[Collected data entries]
- Opening Delimiter -

module _ ⦃F : Floats⦄ {S : Type 0} (app : Application S) where
  -- The request is authenticated, and its principal has one of these roles.
  pub record Acts (h : Headers) (roles : List Role) : Type 0 where
    pub principal : Principal
    pub is_authenticated : authenticated_principal app h ≡ ok principal
    pub is_allowed : is_allowed_role principal.role roles ≡ true

  -- What a request does to each table: nothing, unless its principal has one of the roles.
  pub record IsConfined (h : Headers) (s s' : Service S) : Type 0 where
    pub runs : (s'.runs ≡ s.runs) ⊎ Acts h (operator ∷ admin ∷ [])
    pub notices : (s'.notices ≡ s.notices) ⊎ Acts h (operator ∷ admin ∷ [])
    pub simulations : (s'.simulations ≡ s.simulations) ⊎ Acts h (operator ∷ admin ∷ [])
    pub approvals : (s'.approvals ≡ s.approvals) ⊎ Acts h (approver ∷ admin ∷ [])
    pub evidence : (s'.evidence ≡ s.evidence) ⊎ Acts h (operator ∷ admin ∷ [])
    pub site : (s'.site ≡ s.site) ⊎ Acts h (operator ∷ admin ∷ [])

  -- A request for the status of the controller, of a principal with any role and with the control
  -- key, has changed the state behind the gateway as reading the status there does.
  pub record Watches (h : Headers) (request : ApiRequest) (s s' : Service S) : Type 0 where
    pub control_key : Option String
    pub is_status : request ≡ status_request control_key
    pub principal : Principal
    pub is_authenticated : authenticated_principal app h ≡ ok principal
    pub reads_status : StatusRead app control_key s s'

  unchanged : (h : Headers) (s : Service S) → IsConfined h s s
  unchanged h s = record {
    runs = inl refl;
    notices = inl refl;
    simulations = inl refl;
    approvals = inl refl;
    evidence = inl refl;
    site = inl refl;
  }

  with_roles-cases :
      (h : Headers) (roles : List Role) (handler : RouteHandler app) (s : Service S)
      → ((error : AuthError) × (with_roles app h roles handler s ≡ (auth_answer error, s)))
        ⊎ ((actor : Acts h roles) × (with_roles app h roles handler s ≡ handler actor.principal s))
  unfolding require_role with_roles
  with_roles-cases h roles handler s = elim (Result-cases (authenticated_principal app h)) [
    | inr (error, e) ↦ inl (error, rw (with_roles, e) refl)
    | inl (principal, e) ↦ elim (Bool-cases (is_allowed_role principal.role roles)) [
      | inr wrong ↦ inl (insufficient_role, rw (with_roles, e, wrong) refl)
      | inl allowed ↦ inr (
        record { principal = principal; is_authenticated = e; is_allowed = allowed },
        rw (with_roles, e, allowed) refl,
      )
    ]
  ]

  pub with_roles_lem :
      (P : Answer Body × Service S → Type 0) (h : Headers) (roles : List Role)
      (handler : RouteHandler app) (s : Service S)
      → ((error : AuthError) → P (auth_answer error, s))
      → ((actor : Acts h roles) → P (handler actor.principal s))
      → P (with_roles app h roles handler s)
  with_roles_lem P h roles handler s refused handled = elim (with_roles-cases h roles handler s) [
    | inl (error, e) ↦ subst P (sym e) (refused error)
    | inr (actor, e) ↦ subst P (sym e) (handled actor)
  ]

  pub with_principal-keeps :
      (h : Headers) (handler : RouteHandler app) (s : Service S)
      → ((principal : Principal) → (handler principal s).1 ≡ s)
      → (with_principal app h handler s).1 ≡ s
  unfolding with_principal
  with_principal-keeps h handler s keeps = elim (Result-cases (authenticated_principal app h)) [
    | inr (error, e) ↦ rw (with_principal, e) refl
    | inl (principal, e) ↦ rw (with_principal, e) (keeps principal)
  ]

  status-Watches :
      (h : Headers) (key : Option String) (s : Service S)
      → IsConfined h s (with_principal app h (λ _. read_controller_status app key) s).1
        ⊎ Watches h
            (status_request key)
            s
            (with_principal app h (λ _. read_controller_status app key) s).1
  unfolding with_principal
  status-Watches h key s = elim (Result-cases (authenticated_principal app h)) [
    | inr (error, e) ↦ inl (rw (with_principal, e) (unchanged h s))
    | inl (principal, e) ↦
        rw (with_principal, e)
          (elim (read_controller_status-StatusRead app key s) [
            | inl same ↦ inl (subst (λ s'. IsConfined h s s') (sym same) (unchanged h s))
            | inr reading ↦ inr (record {
              control_key = key;
              is_status = refl;
              principal = principal;
              is_authenticated = e;
              reads_status = reading;
            })
          ])
  ]

  -- A reading route leaves the service as it is.
  reads :
      (h : Headers) (handler : RouteHandler app) (s : Service S)
      → ((principal : Principal) → (handler principal s).1 ≡ s)
      → IsConfined h s (with_principal app h handler s).1
  reads h handler s keeps =
      subst (λ s'. IsConfined h s s') (sym (with_principal-keeps h handler s keeps)) (unchanged h s)

  -- A writing route, by what its handler does for a principal with a role.
  writes :
      (h : Headers) (roles : List Role) (handler : RouteHandler app) (s : Service S)
      → ((actor : Acts h roles) → IsConfined h s (handler actor.principal s).1)
      → IsConfined h s (with_roles app h roles handler s).1
  writes h roles handler s handled =
      with_roles_lem (λ r. IsConfined h s r.1) h roles handler s (λ a. unchanged h s) handled

  -- Each handler that writes, for a principal that may call it.
  post_run-IsConfined :
      (h : Headers) (request : RunCreateRequest) (key : Option String) (fresh : Fresh)
      (s : Service S) (actor : Acts h (operator ∷ admin ∷ []))
      → IsConfined h s (post_run app request key fresh actor.principal s).1
  unfolding post_run
  post_run-IsConfined h request key fresh s actor =
      elim (Result-cases
        (verify app.files app.entries request.input_reference request.input_sha256)) [
          | inr (error, e) ↦ rw (post_run, e) (unchanged h s)
          | inl (entry, e) ↦
              rw (post_run, e)
                (record {
                  runs = inr actor;
                  notices = inl refl;
                  simulations = inl refl;
                  approvals = inl refl;
                  evidence = inl refl;
                  site = inl refl;
                })
        ]

  post_approval-IsConfined :
      (h : Headers) (run_id : ℕ) (request : ApprovalCreateRequest) (fresh : Fresh) (s : Service S)
      (actor : Acts h (approver ∷ admin ∷ []))
      → IsConfined h s (post_approval app run_id request fresh actor.principal s).1
  unfolding post_approval
  post_approval-IsConfined h run_id request fresh s actor = record {
    runs = inl refl;
    notices = inl refl;
    simulations = inl refl;
    approvals = inr actor;
    evidence = inl refl;
    site = inl refl;
  }

  simulate_notice-IsConfined :
      (h : Headers) (request : NoticeCreateRequest) (key : Option String) (fresh : Fresh)
      (s : Service S) (actor : Acts h (operator ∷ admin ∷ []))
      → IsConfined h s (simulate_notice app request key fresh actor.principal s).1
  unfolding simulate_notice
  simulate_notice-IsConfined h request key fresh s actor = record {
    runs = inr actor;
    notices = inr actor;
    simulations = inl refl;
    approvals = inl refl;
    evidence = inl refl;
    site = inl refl;
  }

  post_cancel-IsConfined :
      (h : Headers) (run_id : ℕ) (fresh : Fresh) (s : Service S)
      (actor : Acts h (operator ∷ admin ∷ []))
      → IsConfined h s (post_cancel app run_id fresh s).1
  unfolding post_cancel
  post_cancel-IsConfined h run_id fresh s actor = record {
    runs = inr actor;
    notices = inl refl;
    simulations = inl refl;
    approvals = inl refl;
    evidence = inl refl;
    site = inl refl;
  }

  with_evidence-IsConfined :
      (h : Headers) (s : Service S) (r : Result DispatchError DispatchAttempt × (EvidenceLog × S))
      (actor : Acts h (operator ∷ admin ∷ []))
      → IsConfined h s (with_evidence app s r).1
  unfolding with_evidence
  with_evidence-IsConfined h s (outcome, (evidence, site)) actor = record {
    runs = inl refl;
    notices = inl refl;
    simulations = inl refl;
    approvals = inl refl;
    evidence = inr actor;
    site = inr actor;
  }

  create_dispatch_simulation-IsConfined :
      (h : Headers) (run_id : ℕ) (request : DispatchCreateRequest) (key : Option String)
      (fresh : Fresh) (s : Service S) (actor : Acts h (operator ∷ admin ∷ []))
      → IsConfined h s (create_dispatch_simulation app run_id request key fresh actor.principal s).1
  unfolding create_dispatch_simulation
  create_dispatch_simulation-IsConfined h run_id request key fresh s actor =
      elim (Option-cases (key_accepted app.texts.is_ascii key app.control_api_key)) [
        | inl e ↦ rw (create_dispatch_simulation, e) (unchanged h s)
        | inr (accepted, e) ↦
            rw (create_dispatch_simulation, e) (with_evidence-IsConfined h s _ actor)
      ]

  -- An administrator may do what an operator may.
  admin_acts : (h : Headers) → Acts h (admin ∷ []) → Acts h (operator ∷ admin ∷ [])
  unfolding is_allowed_role
  admin_acts h actor = record {
    principal = actor.principal;
    is_authenticated = actor.is_authenticated;
    is_allowed = ground (arith, actor.is_allowed);
  }

  emergency-IsConfined :
      (h : Headers) (reason : String) (key : Option String) (fresh : Fresh) (s : Service S)
      (actor : Acts h (admin ∷ []))
      → IsConfined h s (activate_emergency_safe_state app reason key fresh actor.principal s).1
  unfolding activate_emergency_safe_state
  emergency-IsConfined h reason key fresh s actor =
      elim (Option-cases (key_accepted app.texts.is_ascii key app.emergency_api_key)) [
        | inl e ↦ rw (activate_emergency_safe_state, e) (unchanged h s)
        | inr (accepted, e) ↦
            rw (activate_emergency_safe_state, e)
              (with_evidence-IsConfined h s _ (admin_acts h actor))
      ]

  create_control_simulation-IsConfined :
      (h : Headers) (run_id interval_index : ℕ) (key : Option String) (fresh : Fresh)
      (s : Service S) (actor : Acts h (operator ∷ admin ∷ []))
      → IsConfined h s
          (create_control_simulation app run_id interval_index key fresh actor.principal s).1
  unfolding create_control_simulation
  create_control_simulation-IsConfined h run_id interval_index key fresh s actor =
      elim (Option-cases (key_accepted app.texts.is_ascii key app.control_api_key)) [
        | inl e ↦ rw (create_control_simulation, e) (unchanged h s)
        | inr (accepted, e) ↦
            elim (Result-cases (authenticate_control_key key app.control_api_key)) [
              | inr (error, e') ↦ rw (create_control_simulation, e, e') (unchanged h s)
              | inl (_, e') ↦
                  rw (create_control_simulation, e, e')
                    (record {
                      runs = inl refl;
                      notices = inl refl;
                      simulations = inr actor;
                      approvals = inl refl;
                      evidence = inl refl;
                      site = inl refl;
                    })
            ]
      ]

  -- Whatever request is served, of the routes other than health, metrics, meta, the session and
  -- the grid twin, each table is as before unless the request was authenticated and its
  -- principal has a role for it: operator or admin for the runs, the notices, the simulated
  -- writes, the evidence and the site behind the gateway, and approver or admin for the
  -- decisions; or else the request asks for the status of the controller, is authenticated with
  -- any role and presents the control key, and nothing has changed but the state behind the
  -- gateway, as reading its status leaves it.
  pub serve-IsConfined :
      (h : Headers) (request : ApiRequest) (fresh : Fresh) (s : Service S)
      → IsConfined h s (serve app h request fresh s).1
        ⊎ Watches h request s (serve app h request fresh s).1
  unfolding serve create_failure_drill list_notices get_notice list_security_events
      list_dispatch_simulations list_control_simulations list_demo_inputs get_run get_run_result
      read_approval get_timeline get_run_notice list_run_page
  serve-IsConfined h list_inputs_request fresh s = inl (reads h _ s (λ _. refl))
  serve-IsConfined h (run_request request key) fresh s =
      inl (writes h _ _ s (post_run-IsConfined h request key fresh s))
  serve-IsConfined h (drill_run_request reference sha256 drill key) fresh s =
      inl
        (writes h _ _ s (post_run-IsConfined h (drill_request reference sha256 drill) key fresh s))
  serve-IsConfined h (read_run_request run_id) fresh s = inl (reads h _ s (λ _. refl))
  serve-IsConfined h (read_result_request run_id) fresh s = inl (reads h _ s (λ _. refl))
  serve-IsConfined h (read_approval_request run_id) fresh s = inl (reads h _ s (λ _. refl))
  serve-IsConfined h (timeline_request run_id) fresh s = inl (reads h _ s (λ _. refl))
  serve-IsConfined h (run_notice_request run_id) fresh s = inl (reads h _ s (λ _. refl))
  serve-IsConfined h (run_page_request limit offset) fresh s = inl (reads h _ s (λ _. refl))
  serve-IsConfined h (approval_request run_id request) fresh s =
      inl (writes h _ _ s (post_approval-IsConfined h run_id request fresh s))
  serve-IsConfined h (notice_request request key) fresh s =
      inl (writes h _ _ s (simulate_notice-IsConfined h request key fresh s))
  serve-IsConfined h (dispatch_request run_id request key) fresh s =
      inl (writes h _ _ s (create_dispatch_simulation-IsConfined h run_id request key fresh s))
  serve-IsConfined h (safe_state_request reason key) fresh s =
      inl (writes h _ _ s (emergency-IsConfined h reason key fresh s))
  serve-IsConfined h (simulation_request run_id interval_index key) fresh s =
      inl
        (writes h _ _ s (create_control_simulation-IsConfined h run_id interval_index key fresh s))
  serve-IsConfined h (cancel_request run_id) fresh s =
      inl (writes h _ _ s (post_cancel-IsConfined h run_id fresh s))
  serve-IsConfined h (notice_page_request limit offset) fresh s = inl (reads h _ s (λ _. refl))
  serve-IsConfined h (event_page_request limit offset) fresh s = inl (reads h _ s (λ _. refl))
  serve-IsConfined h (read_notice_request notice_id) fresh s = inl (reads h _ s (λ _. refl))
  serve-IsConfined h (attempt_page_request run_id key limit offset) fresh s =
      inl (reads h _ s (λ _. refl))
  serve-IsConfined h (run_simulations_request run_id key) fresh s = inl (reads h _ s (λ _. refl))
  serve-IsConfined h (status_request key) fresh s = status-Watches h key s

- Closing Delimiter -

Exercise details>
Find the lines above that contain "subst" and give their count, with nothing added.

Written response>
4